*The data*:
-*-
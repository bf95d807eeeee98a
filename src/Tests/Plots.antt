-- ===== src/Tests/Plots.antt =====
-- The analysis of a small aggregate.
use dm_simulator.Base.{
  arith, ◌>>=◌, ◌&◌, String, ◌≡◌, ◌≢◌, ◌↔◌, refl, sym, subst, true, false, Option, none, some, List,
  [], ◌∷◌, ◌++◌, map, flat_map, keep, Memᴰ, ok, All, Succeeds, contains,
}
use dm_simulator.Base.Int.{int}
use dm_simulator.Base.Dict.{get, insert, update, NodupKeys, keys}
use dm_simulator.Base.FilePath.{FilePath, given}
use dm_simulator.Base.Sets.{dedup, text_le}
use dm_simulator.Base.Sort.{insert_by, sort_by, Sorted}
use dm_simulator.Text.{strip}
use dm_simulator.Plots.Columns.{
  preferred_policy_order, comparison_columns, policy_summary_columns, condition_columns,
  best_run_baseline_policies, best_run_columns, best_run_context_columns,
  final_policy_table_columns,
}
use dm_simulator.Plots.Values.{text, Row, float_or_none, metric}
use dm_simulator.Plots.Dimensions.{condition_dimensions}
use dm_simulator.Plots.Policies.{row_policies, order_present, ordered_policies}
use dm_simulator.Plots.Policies.Order.{
  ordered_policies-present, contains-sort_by, NodupKeys-sort_by,
}
use dm_simulator.Plots.Comparison.{
  group_key, comparison_row, build_policy_comparison, same_key, find_key, insert_key,
}
use dm_simulator.Plots.Comparison.Baseline.{last_match, build_policy_comparison-last_match}
use dm_simulator.Plots.Summary.{by_policy, policy_summary, build_policy_summary}
use dm_simulator.Plots.Summary.Groups.{rows_of, build_policy_summary-groups}
use dm_simulator.Plots.Summary.Counts.{IsCounted, build_policy_summary-IsCounted}
use dm_simulator.Plots.Modes.{detect_report_mode}
use dm_simulator.Plots.Modes.Resolved.{IsSetOrder, IsMode, detect_report_mode-resolved}
use dm_simulator.Plots.Reading.{read_aggregate_rows}
use dm_simulator.Plots.Reading.Successful.{IsRead, read_aggregate_rows_iff}
use dm_simulator.Plots.Best.{
  is_best_run_policy, best_run_sort_key, key_lt, best_row, best_by_policy, best_rows, is_some,
  value_for_plot, build_best_run_examples,
}
use dm_simulator.Plots.Final.{
  rows_for_preferred_presets, rows_by, final_rows, build_final_policy_table, final_row,
}
use dm_simulator.Plots.Conditions.{
  grouped, mixed_keys, keys_le, any_mixed, sorted_groups, condition_row, condition_rows,
  build_condition_summary,
}
use dm_simulator.Plots.Conditions.Groups.{HasTexts, IsConditionRow, IsCovered}
use dm_simulator.Plots.Conditions.Summary.{build_condition_summary-groups}
use dm_simulator.Plots.Best.Least.{candidate, best_rows-least}
use dm_simulator.Plots.Schema.{HasColumns, rows-HasColumns}
use dm_simulator.Tests.Decimal.{Decimal, decimal_floats, decimal_arithmetic, decimal-IsStrictOrder}

abbrev csv_line : String → String → String → Row Decimal
csv_line policy latency name =
    ("status", text "success")
    ∷ ("preset", text "eval_knob_cache")
    ∷ ("policy", text policy)
    ∷ ("mean_latency", text latency)
    ∷ ("experiment_name", text name)
    ∷ []

abbrev rows : List (Row Decimal)
rows =
    csv_line "hotness_only" "150" "b"
    ∷ csv_line "lru" "100" "a"
    ∷ csv_line "hotness_only" "200" "c"
    ∷ []

abbrev threshold : Decimal
threshold = record { millionths = 10000 }

build_policy_comparison-last_match_example :
    build_policy_comparison rows "lru" threshold
    ≡ map
        (λ row. comparison_row "lru" threshold row (last_match "lru" (group_key row) none rows))
        rows
unfolding group_key get
build_policy_comparison-last_match_example =
    build_policy_comparison-last_match rows "lru" threshold (
      (refl & refl & refl & refl & refl & refl & refl & refl & refl & refl & refl & refl & refl
        & refl & refl & refl & refl & refl & refl & refl & refl & refl & refl & refl & refl & refl
        & refl & refl & refl & refl & refl & tt)
      & (refl & refl & refl & refl & refl & refl & refl & refl & refl & refl & refl & refl & refl
          & refl & refl & refl & refl & refl & refl & refl & refl & refl & refl & refl & refl & refl
          & refl & refl & refl & refl & refl & tt)
      & (refl & refl & refl & refl & refl & refl & refl & refl & refl & refl & refl & refl & refl
          & refl & refl & refl & refl & refl & refl & refl & refl & refl & refl & refl & refl & refl
          & refl & refl & refl & refl & refl & tt)
      & tt)

abbrev compared : List (Row Decimal)
compared = build_policy_comparison rows "lru" threshold

summarized : Succeeds (build_policy_summary compared)
unfolding build_policy_summary by_policy build_policy_comparison comparison_row update insert get
summarized = (_, refl)

build_policy_summary-groups_example :
    summarized.0
    ≡ map (λ policy. policy_summary policy (rows_of policy compared)) (ordered_policies compared)
build_policy_summary-groups_example = build_policy_summary-groups compared summarized.0 summarized.1

build_policy_summary-IsCounted_example : All IsCounted summarized.0
build_policy_summary-IsCounted_example =
    build_policy_summary-IsCounted rows "lru" threshold summarized.0 summarized.1

ordered_policies-present_example :
    NodupKeys (ordered_policies rows)
    × ((policy : String)
        → contains (ordered_policies rows) policy ≡ contains (row_policies rows) policy)
    × ((others : List String) × (ordered_policies rows
          ≡ keep (contains (dedup (row_policies rows))) preferred_policy_order ++ others)
        × Sorted text_le others)
ordered_policies-present_example = ordered_policies-present rows

abbrev as_made : List String → List String
as_made xs = xs

as_made-IsSetOrder : IsSetOrder as_made
as_made-IsSetOrder = record { same_members = λ xs x. refl; no_repetition = λ xs h. h }

sorted-IsSetOrder : IsSetOrder (sort_by text_le)
sorted-IsSetOrder = record {
  same_members = contains-sort_by text_le;
  no_repetition = NodupKeys-sort_by text_le;
}

detect_report_mode-resolved_example :
    IsMode (detect_report_mode as_made rows "auto")
    × (detect_report_mode as_made rows "auto" ≡ detect_report_mode (sort_by text_le) rows "auto")
detect_report_mode-resolved_example =
    detect_report_mode-resolved as_made (sort_by text_le) rows "auto" as_made-IsSetOrder
      sorted-IsSetOrder refl

abbrev crashed : Row Decimal
crashed = ("status", text "failed") ∷ ("policy", text "lru") ∷ []

abbrev read : FilePath → Option (List (Row Decimal))
read path = some (crashed ∷ rows)

abbrev kept : List (Row Decimal)
kept = map (λ row. row ++ (("_source_aggregate", text "a.csv") ∷ [])) rows

read_aggregate_rows_iff_example :
    (read_aggregate_rows read (given "a.csv" ∷ []) ≡ ok kept)
    ↔ (IsRead read (given "a.csv" ∷ []) kept × (kept ≢ []))
read_aggregate_rows_iff_example = read_aggregate_rows_iff read (given "a.csv" ∷ []) kept

abbrev delta_line : String → String → String → Row Decimal
delta_line policy delta name =
    ("policy", text policy)
    ∷ ("mean_latency_delta_pct", text delta)
    ∷ ("experiment_name", text name)
    ∷ []

-- The row of the baseline has the least delta.
abbrev deltas : List (Row Decimal)
deltas =
    delta_line "hotness_only" "2" "b"
    ∷ delta_line "lru" "0" "c"
    ∷ delta_line "hotness_only" "1" "a"
    ∷ []

best_rows-deltas : best_rows deltas ≡ delta_line "hotness_only" "1" "a" ∷ []
unfolding best_rows best_by_policy best_row key_lt best_run_sort_key is_best_run_policy
    value_for_plot metric float_or_none strip int get insert flat_map ordered_policies order_present
    row_policies dedup sort_by insert_by text_le
best_rows-deltas = refl

best_rows-least_example :
    Memᴰ (delta_line "hotness_only" "1" "a") deltas
    × (contains best_run_baseline_policies "hotness_only" ≡ false)
    × (is_some (value_for_plot (delta_line "hotness_only" "1" "a") "mean_latency_delta_pct") ≡ true)
    × All
        (λ row.
          key_lt (best_run_sort_key row) (best_run_sort_key (delta_line "hotness_only" "1" "a"))
          ≡ false)
        (keep (candidate "hotness_only") deltas)
unfolding get
best_rows-least_example =
    best_rows-least decimal-IsStrictOrder deltas (delta_line "hotness_only" "1" "a")
      (subst (Memᴰ (delta_line "hotness_only" "1" "a")) (sym best_rows-deltas) (Memᴰ.head refl))

abbrev condition_line : String → String → String → Row Decimal
condition_line policy burst_size classification =
    ("policy", text policy)
    ∷ ("burst_size", text burst_size)
    ∷ ("classification", text classification)
    ∷ []

abbrev condition_lines : List (Row Decimal)
condition_lines = condition_line "hotness_only" "4" "win" ∷ condition_line "lru" "8" "tie" ∷ []

have_texts : All (HasTexts condition_lines) condition_dimensions
unfolding get
have_texts = ground arith

conditions : Succeeds (build_condition_summary condition_lines)
unfolding build_condition_summary condition_rows sorted_groups grouped insert_key find_key same_key
    any_mixed mixed_keys keys_le sort_by insert_by text_le get
conditions = (_, refl)

build_condition_summary-groups_example :
    All (IsConditionRow condition_lines condition_dimensions) conditions.0
    × All (IsCovered condition_lines conditions.0) condition_dimensions
build_condition_summary-groups_example =
    build_condition_summary-groups condition_lines conditions.0 have_texts conditions.1

final_table : build_final_policy_table compared ≡ ok []
unfolding build_final_policy_table final_rows rows_for_preferred_presets rows_by get
    build_policy_comparison comparison_row update insert group_key
final_table = refl

rows-HasColumns_example :
    All (HasColumns comparison_columns) (build_policy_comparison rows "lru" threshold)
    × All (HasColumns best_run_columns) (build_best_run_examples rows).0
    × All (HasColumns best_run_context_columns) (build_best_run_examples rows).1
    × (keys (policy_summary "lru" rows) ≡ policy_summary_columns)
    × (keys (condition_row "hot_set_size" (text "8" ∷ text "lru" ∷ [], rows)) ≡ condition_columns)
    × ((final_row "lru" rows >>= λ row. ok (keys row))
        ≡ (final_row "lru" rows >>= λ row. ok final_policy_table_columns))
rows-HasColumns_example =
    rows-HasColumns rows "lru" "lru" "hot_set_size" threshold (text "8") (text "lru")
-*-
Which of the lines above include the word "dedup"? List those lines.

use dm_simulator.Base.Sets.{dedup, text_le}
          ≡ keep (contains (dedup (row_policies rows))) preferred_policy_order ++ others)
    row_policies dedup sort_by insert_by text_le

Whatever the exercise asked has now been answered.